Is my foreign divorce recognised in Ireland?
If you obtained a divorce while domiciled outside the Republic of Ireland, the decree will be recognised in Ireland. If a person goes to a foreign country merely to obtain a divorce (such as the "quickie divorces" available in some American states), that divorce would not be recognised in Ireland. For further information, see the 1986 Domicile and Recognition of Foreign Divorces Act. Since 1 August 2004, European Council Regulation 2201/2003 has governed the recognition and enforcement of judgments in matrimonial matters throughout the European Union.
Irishbarrister com FAQ


In the vast majority of applications for judicial separation there is no international dimension, but where there is the rules in regard to which country should hear the application are set out in an E.U. Regulation No 2201/2003. The basic rule is that the country where the spouses are habitually resident has jurisdiction to hear and determine the judicial separation application. Any such judicial separation which comes within the provisions of the E.U. Regulation is entitled to recognition and enforcement in all other Member States of the European Union, subject to certain limited exceptions.

Family Lawyers ie website



CHAPTER II
JURISDICTION
SECTION 1
Divorce, legal separation and marriage annulment
Article 3
General jurisdiction
1. In matters relating to divorce, legal separation or marriage annulment, jurisdiction shall lie with the courts of the Member State
(a) in whose territory:
- the spouses are habitually resident, or
- the spouses were last habitually resident, insofar as one of them still resides there, or
- the respondent is habitually resident, or
- in the event of a joint application, either of the spouses is habitually resident, or
- the applicant is habitually resident if he or she resided there for at least a year immediately before the application was made, or
- the applicant is habitually resident if he or she resided there for at least six months immediately before the application was made and is either a national of the Member State in question or, in the case of the United Kingdom and Ireland, has his or her "domicile" there;
(b) of the nationality of both spouses or, in the case of the United Kingdom and Ireland, of the "domicile" of both spouses.
2. For the purpose of this Regulation, "domicile" shall have the same meaning as it has under the legal systems of the United Kingdom and Ireland.

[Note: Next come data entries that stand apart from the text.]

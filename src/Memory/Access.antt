-- ===== src/Memory/Access.antt =====
-- stubs.cpp: `can_access` decides whether a range is covered by registered memory.
use Prim.Native.String.{String}
use mathlib.Core.Path.{subst}
use efiperun_mod.Prelude.{
  ℕ, zero, suc, ◌+◌, ◌%◌, ◌^◌, ◌≡◌, ◌≤◌, ◌<◌, refl, ◌∙◌, Bool, true, false, ◌&&◌, ◌||◌, Option,
  none, some, ◌∷◌, ltb, leb, ◌==◌, if◌then◌else◌, arith, length, inl, inr, Bool-cases,
}
use efiperun_mod.RangeMap.{Entry, Place, found_at, locate, lower_bound}
use efiperun_mod.RangeMap.Intervals.{within, view, IsFrom}
use efiperun_mod.RangeMap.Lookup.{
  Holds, Located, locate-Located, view-Holds, view_inside, find-found_at,
}
use efiperun_mod.RangeMap.Pending.{pending, pending-le-length, pending_falls}
use efiperun_mod.RangeMap.Overhang.{HasStub, locate-HasStub}
use efiperun_mod.Memory.{MemoryMap, string_eq, access_loop, access_round, can_access, point}

abbrev pub is_none : Option String → Bool
is_none none = true
is_none (some v) = false

-- The answer of `can_access` on `[lo, hi)`: `true` where `lo` has a value and no point of the range
-- lacks one, and `false` where `lo` or some point of the range has none.
abbrev pub IsAnswer : ℕ → ℕ → MemoryMap → Bool → Type 0
IsAnswer lo hi m true =
    (is_none (view m lo) ≡ false) × ((q : ℕ) → within lo hi q && is_none (view m q) ≡ false)
IsAnswer lo hi m false = (q : ℕ) × (lo ≤ q) × ((q == lo || ltb q hi) ≡ true) × (view m q ≡ none)

access_step :
    (fuel lo hi : ℕ) (m : MemoryMap) (w : Option (Place String))
    → locate lo (lower_bound lo m) ≡ w
    → access_loop (suc fuel) lo hi m ≡ elim w [
      | none ↦ some false
      | some (b, e, a) ↦ if leb hi e.right then some true else access_loop fuel e.right hi m
    ]
access_step fuel lo hi m none e =
    unfold access_loop in
    (rw (find-found_at (2 ^ 63) lo m none e) (unfold access_round found_at in refl))
access_step fuel lo hi m (some (b, x, a)) e =
    unfold access_loop in
    (rw (find-found_at (2 ^ 63) lo m (some (b, x, a)) e) (unfold access_round found_at in refl))

-- the interval that `find` returned covers the points from `lo` up to its end
covers :
    (lo q : ℕ) (m : MemoryMap) (w : Place String)
    → Holds lo m w
    → within lo w.1.right q && is_none (view m q) ≡ false
covers lo q m w h = covers_at lo q (view m q) w.1 h.inside.0 (view_inside lo m w h q)
  where
    covers_at :
        (lo q : ℕ) (o : Option String) (e : Entry String)
        → e.left ≤ lo
        → o ≡ (if within e.left e.right q then some e.value else o)
        → within lo e.right q && is_none o ≡ false
    covers_at lo q none e le eq = ground arith
    covers_at lo q (some v) e le eq = ground arith

-- the point that `find` was given has a value
owned : (lo : ℕ) (m : MemoryMap) (w : Place String) → Holds lo m w → is_none (view m lo) ≡ false
owned lo m w h = rw (view-Holds lo m w h) refl

next_pending :
    (lo : ℕ) (m : MemoryMap) (w : Place String) → Holds lo m w → pending w.1.right m < pending lo m
next_pending lo m (b, x, a) h =
    subst (λ k. pending x.right k < pending lo m) h.whole
      (pending_falls lo m (b, x, a) (x ∷ a)
        (record {
          whole = h.whole;
          upto = h.upto;
          rest = h.rest;
          before = omega (arith, h.rest.0, h.inside.0);
          reaches = h.inside.1;
        })
        (unfold pending in ground arith))

-- an answer from the end of the interval on is one from `lo` on
IsAnswer-earlier :
    (lo hi : ℕ) (m : MemoryMap) (w : Place String) (t : Bool)
    → Holds lo m w
    → w.1.right < hi
    → IsAnswer w.1.right hi m t
    → IsAnswer lo hi m t
IsAnswer-earlier lo hi m w true h lt ans =
    (owned lo m w h, λ q. ground (arith, covers lo q m w h, ans.1 q))
IsAnswer-earlier lo hi m w false h lt (q, le, at, e) =
    (q, omega (arith, h.inside.1), ground arith, e)

access_loop-IsAnswer :
    (fuel lo hi : ℕ) (m : MemoryMap)
    → IsFrom 0 m
    → pending lo m < fuel
    → (t : Bool) × (access_loop fuel lo hi m ≡ some t) × IsAnswer lo hi m t
access_loop-IsAnswer zero lo hi m f h = absurd (omega arith)
access_loop-IsAnswer (suc fuel) lo hi m f h =
    at_place (locate lo (lower_bound lo m)) (locate-Located lo m f) refl
      (λ next le. access_loop-IsAnswer fuel next hi m f le)
  where
    at_place :
        (w : Option (Place String))
        → Located lo m w
        → locate lo (lower_bound lo m) ≡ w
        → ((next : ℕ)
            → pending next m < fuel
            → (t : Bool) × (access_loop fuel next hi m ≡ some t) × IsAnswer next hi m t)
        → (t : Bool) × (access_loop (suc fuel) lo hi m ≡ some t) × IsAnswer lo hi m t
    at_place none l e rec =
        (false, access_step fuel lo hi m none e, (lo, omega arith, ground arith, l))
    at_place (some (b, x, a)) l e rec = elim (Bool-cases (leb hi x.right)) [
      | inl t ↦ (
        true,
        access_step fuel lo hi m (some (b, x, a)) e ∙ rw t,
        (owned lo m (b, x, a) l, λ q. ground (arith, covers lo q m (b, x, a) l)),
      )
      | inr t ↦
          let (answer, run, ans) = rec x.right (omega (arith, next_pending lo m (b, x, a) l)) in
          (
            answer,
            access_step fuel lo hi m (some (b, x, a)) e ∙ rw t run,
            IsAnswer-earlier lo hi m (b, x, a) answer l (ground arith) ans,
          )
    ]

-- Over a well-formed map can_access ends. It answers true exactly where the base has an owner and no
-- point of the range, as signed addresses, lacks one; a range that is empty, or that ends below its
-- base, has no points, and the base is tested all the same.
pub can_access-IsAnswer :
    (base len : ℕ) (m : MemoryMap)
    → IsFrom 0 m
    → (t : Bool) × (can_access base len m ≡ some t)
      × IsAnswer (point base) (point ((len + base) % 2 ^ 64)) m t
can_access-IsAnswer base len m f =
    let lo = point base in
    let hi = point ((len + base) % 2 ^ 64) in
    let (t, run, ans) =
      access_loop-IsAnswer (suc (length m)) lo hi m f (omega (arith, pending-le-length lo m)) in
    (t, unfold can_access in run, ans)

-- On a map with an empty interval at the base of a range the loop of `can_access` never ends: no
-- amount of fuel gives an answer.
pub access_loop-HasStub :
    (fuel lo hi : ℕ) (m : MemoryMap) → HasStub lo m → lo < hi → access_loop fuel lo hi m ≡ none
access_loop-HasStub zero lo hi m s lt = unfold access_loop in refl
access_loop-HasStub (suc fuel) lo hi m s lt =
    let past : leb hi s.e.right ≡ false = ground (arith, s.ends) in
    access_step fuel lo hi m (some (s.b, s.e, s.a)) (locate-HasStub lo m s)
    ∙ rw (past, s.ends) (access_loop-HasStub fuel lo hi m s lt)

Ref: European Council Regulation 2201/2003


----------



## gabhain7 (12 Mar 2011)

the above is correct, regulation 2201/2003 governs. If he is a romanian national and hes been resident there for six months he can get divorced there and an irish court can not interfere.


----------



## I_S (12 Mar 2011)

Hi,

Thanks for your quick response. He is still living in Ireland continuously for over a decade...

There is a lot of other problems, relating to mortgage, kids, maintenance, etc. so he is trying to get a 'no-fault' divorce in Romania because he knows that the court over there does not support the family as much as in Ireland.

Can he get a divorce in Romania? How is the best way to block it?

Thanks,
Ioana


----------



## gabhain7 (12 Mar 2011)

If the reverse was to happen in Ireland, you would have an irish solicitor enter a conditional appearance in the circuit court to contest jurisdiction under regulation 2201/2003.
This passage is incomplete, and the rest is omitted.